# Required work
Set out exactly, line by line, the stretch of data below that begins at the line containing "abbrev meta_change : List" and ends at the line containing "-- DetectObjectChange", with both ends kept.

[Collected data]

--- --- ---

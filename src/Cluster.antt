-- ===== src/Cluster.antt =====
-- internal/k8s/utils.go: how the operator compares an object with the one that is deployed, and brings
-- the deployed one up to date.
pub mod Meta
pub mod Requests
pub mod Redaction
pub mod Kinds
use shopware_operator.Prelude.{
  ℕ, zero, suc, String, Bool, true, false, not, ◌&&◌, ◌||◌, Option, none, some, List, [], ◌∷◌, ◌++◌,
  ◌==◌, if◌then◌else◌,
}
use shopware_operator.Prelude.Int.{ℤ, pos, eqb_ℤ}
use shopware_operator.Prelude.Text.{concat}
use shopware_operator.Prelude.Assoc.{insert, lookup, erase}
use shopware_operator.Kube.{Reply, found, absent, failed, Result, ok, err}
use Meta.{Map, changed_keys, is_empty}

-- The types of the objects that the operator writes.
pub data Kind : Type 0 where
  deployment service job cron_job pod secret ingress http_route disruption_budget autoscaler : Kind
  scaled_object certificate : Kind

-- `type_meta` is the kind that the object names itself, `relevant` the
-- JSON text of what extractRelevantData picks from the object, of a type that it knows; it does not know
-- pods. The fields after it are
-- those that EnsureObjectWithHash reads or writes: of a service, its cluster IP, whether it is a load
-- balancer and its health check port, which it copies after it has taken the hash, and of a job, how
-- often it has succeeded.
pub record Object : Type 0 where
  pub kind : Kind
  pub type_meta : String
  pub namespace : String
  pub name : String
  pub labels : Map
  pub annotations : Map
  pub relevant : String
  pub owner : Option String
  pub resource_version : String
  pub cluster_ip : String
  pub is_load_balancer : Bool
  pub health_check_node_port : ℤ
  pub succeeded : ℤ

-- The API server: what it answers to requests, with the text of the error where one fails. `owner_error`
-- is that of controllerutil.SetControllerReference, which sets the owner otherwise.
pub record Api : Type 0 where
  pub get : Kind → String → String → Reply Object
  pub create_error : Object → Option String
  pub patch_error : Object → Option String
  pub delete_error : Object → Option String
  pub owner_error : String → Object → Option String
  -- what the polls for the end of a deletion are answered, by their number from 0
  pub polls : ℕ → Reply Object
  -- the text of a whole object, by encoding/json
  pub marshal : Object → String
  -- the hash of a text, by crypto/md5
  pub md5_hex : String → String

abbrev pub last_config_hash_annotation : String
last_config_hash_annotation = "shopware.com/last-config-hash"

abbrev pub ignored_annotation : String
ignored_annotation = "deployment.kubernetes.io/revision"

-- The default branch of extractRelevantData: the object as a whole, with its metadata
abbrev pub is_hashed_whole : Kind → Bool
is_hashed_whole Kind.pod = true
is_hashed_whole _ = false

-- ObjectHash
abbrev pub object_hash : Api → Object → String
object_hash api o = api.md5_hex (if is_hashed_whole o.kind then api.marshal o else o.relevant)

-- filteredAnnotations
unfoldable pub filtered_annotations : Object → Map
filtered_annotations o = erase ignored_annotation (erase last_config_hash_annotation o.annotations)

-- ChangedMetaKeys
unfoldable pub changed_meta_keys : Object → Object → List String
unfolding filtered_annotations
changed_meta_keys old new =
    changed_keys "label" old.labels new.labels
    ++ changed_keys "annotation" (filtered_annotations old) (filtered_annotations new)

-- ObjectChange
pub record ObjectChange : Type 0 where
  pub reason : String
  pub changed_keys : List String

abbrev pub unchanged : ObjectChange
unchanged = record { reason = ""; changed_keys = [] }

abbrev changed_by : String → List String → ObjectChange
changed_by reason keys = record { reason = reason; changed_keys = keys }

-- Changed
abbrev is_change : ObjectChange → Bool
is_change c = not (c.reason == "")

-- objectHashChanged: the reason, if there is one
abbrev pub hash_change : Option String → String → Option String
hash_change none hash = some "deployed object has no config hash annotation"
hash_change (some old) hash =
    if not (old == hash)
    then some "desired config differs from deployed config (config hash changed)"
    else none

abbrev meta_change : List String → ObjectChange
meta_change [] = unchanged
meta_change (k ∷ ks) = changed_by "labels or annotations differ from deployed object" (k ∷ ks)

abbrev pub hash_or_meta : Option String → List String → ObjectChange
hash_or_meta (some reason) keys = changed_by reason []
hash_or_meta none keys = meta_change keys

-- `delete(objAnnotations, lastConfigHashAnnotation)`
abbrev pub without_hash : Object → Object
without_hash o = record o { annotations = erase last_config_hash_annotation o.annotations }

-- The comparison of DetectObjectChange with the object that is deployed.
unfoldable pub compare_deployed : Api → Object → Object → ObjectChange
unfolding changed_meta_keys
compare_deployed api old o =
    hash_or_meta
      (hash_change (lookup last_config_hash_annotation old.annotations)
        (object_hash api (without_hash o)))
      (changed_meta_keys old (without_hash o))

abbrev detect_reply : Api → Object → Reply Object → Result ObjectChange
detect_reply api o (absent e) = ok (changed_by "object does not exist yet" [])
detect_reply api o (failed e) = err (concat ("get " ∷ o.namespace ∷ "/" ∷ o.name ∷ ": " ∷ e ∷ []))
detect_reply api o (found old) = ok (compare_deployed api old o)

-- DetectObjectChange
unfoldable pub detect_object_change : Api → Object → Result ObjectChange
detect_object_change api o = detect_reply api o (api.get o.kind o.namespace o.name)

abbrev change_of : Result ObjectChange → Result Bool
change_of (ok c) = ok (is_change c)
change_of (err e) = err e

-- HasObjectChanged
unfoldable pub has_object_changed : Api → Object → Result Bool
has_object_changed api o = change_of (detect_object_change api o)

--- --- ---

# Written response
abbrev meta_change : List String → ObjectChange
meta_change [] = unchanged
meta_change (k ∷ ks) = changed_by "labels or annotations differ from deployed object" (k ∷ ks)

abbrev pub hash_or_meta : Option String → List String → ObjectChange
hash_or_meta (some reason) keys = changed_by reason []
hash_or_meta none keys = meta_change keys

-- `delete(objAnnotations, lastConfigHashAnnotation)`
abbrev pub without_hash : Object → Object
without_hash o = record o { annotations = erase last_config_hash_annotation o.annotations }

-- The comparison of DetectObjectChange with the object that is deployed.
unfoldable pub compare_deployed : Api → Object → Object → ObjectChange
unfolding changed_meta_keys
compare_deployed api old o =
    hash_or_meta
      (hash_change (lookup last_config_hash_annotation old.annotations)
        (object_hash api (without_hash o)))
      (changed_meta_keys old (without_hash o))

abbrev detect_reply : Api → Object → Reply Object → Result ObjectChange
detect_reply api o (absent e) = ok (changed_by "object does not exist yet" [])
detect_reply api o (failed e) = err (concat ("get " ∷ o.namespace ∷ "/" ∷ o.name ∷ ": " ∷ e ∷ []))
detect_reply api o (found old) = ok (compare_deployed api old o)

-- DetectObjectChange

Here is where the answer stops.